= Beginning of Section =

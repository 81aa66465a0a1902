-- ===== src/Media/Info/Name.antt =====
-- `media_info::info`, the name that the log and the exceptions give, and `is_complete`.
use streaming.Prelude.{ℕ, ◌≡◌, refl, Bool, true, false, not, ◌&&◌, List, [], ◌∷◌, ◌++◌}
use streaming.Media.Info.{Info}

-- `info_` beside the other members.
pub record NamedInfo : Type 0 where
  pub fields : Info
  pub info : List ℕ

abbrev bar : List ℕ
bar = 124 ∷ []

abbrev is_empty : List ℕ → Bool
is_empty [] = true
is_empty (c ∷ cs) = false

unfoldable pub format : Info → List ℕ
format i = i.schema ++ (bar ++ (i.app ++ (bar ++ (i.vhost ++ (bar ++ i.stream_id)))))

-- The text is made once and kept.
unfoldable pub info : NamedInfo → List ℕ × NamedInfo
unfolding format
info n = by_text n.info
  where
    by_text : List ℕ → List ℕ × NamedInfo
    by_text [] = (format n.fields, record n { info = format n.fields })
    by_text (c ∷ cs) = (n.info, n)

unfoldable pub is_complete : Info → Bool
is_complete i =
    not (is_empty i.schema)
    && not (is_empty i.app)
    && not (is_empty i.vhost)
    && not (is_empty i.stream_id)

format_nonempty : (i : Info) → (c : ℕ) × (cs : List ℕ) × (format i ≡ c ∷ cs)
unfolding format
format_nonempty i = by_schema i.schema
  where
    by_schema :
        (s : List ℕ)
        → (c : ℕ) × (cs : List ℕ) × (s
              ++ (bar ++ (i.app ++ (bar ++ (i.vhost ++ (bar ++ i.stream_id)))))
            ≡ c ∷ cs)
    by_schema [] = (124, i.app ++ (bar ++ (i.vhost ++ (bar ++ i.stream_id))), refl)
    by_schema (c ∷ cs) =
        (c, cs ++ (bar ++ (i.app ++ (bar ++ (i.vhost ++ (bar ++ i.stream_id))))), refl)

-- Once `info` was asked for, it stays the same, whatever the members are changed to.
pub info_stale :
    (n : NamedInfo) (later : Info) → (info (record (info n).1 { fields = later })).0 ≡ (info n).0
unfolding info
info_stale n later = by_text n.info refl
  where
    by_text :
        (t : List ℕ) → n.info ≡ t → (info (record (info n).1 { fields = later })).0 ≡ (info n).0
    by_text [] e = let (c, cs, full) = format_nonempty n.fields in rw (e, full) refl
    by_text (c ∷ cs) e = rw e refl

= End of Section =

◆ **Task goal**
Extract exactly the lines between the line containing "(t : List ℕ)" and the end of the data, including both.

◆ **Exercise response**
        (t : List ℕ) → n.info ≡ t → (info (record (info n).1 { fields = later })).0 ≡ (info n).0
    by_text [] e = let (c, cs, full) = format_nonempty n.fields in rw (e, full) refl
    by_text (c ∷ cs) e = rw e refl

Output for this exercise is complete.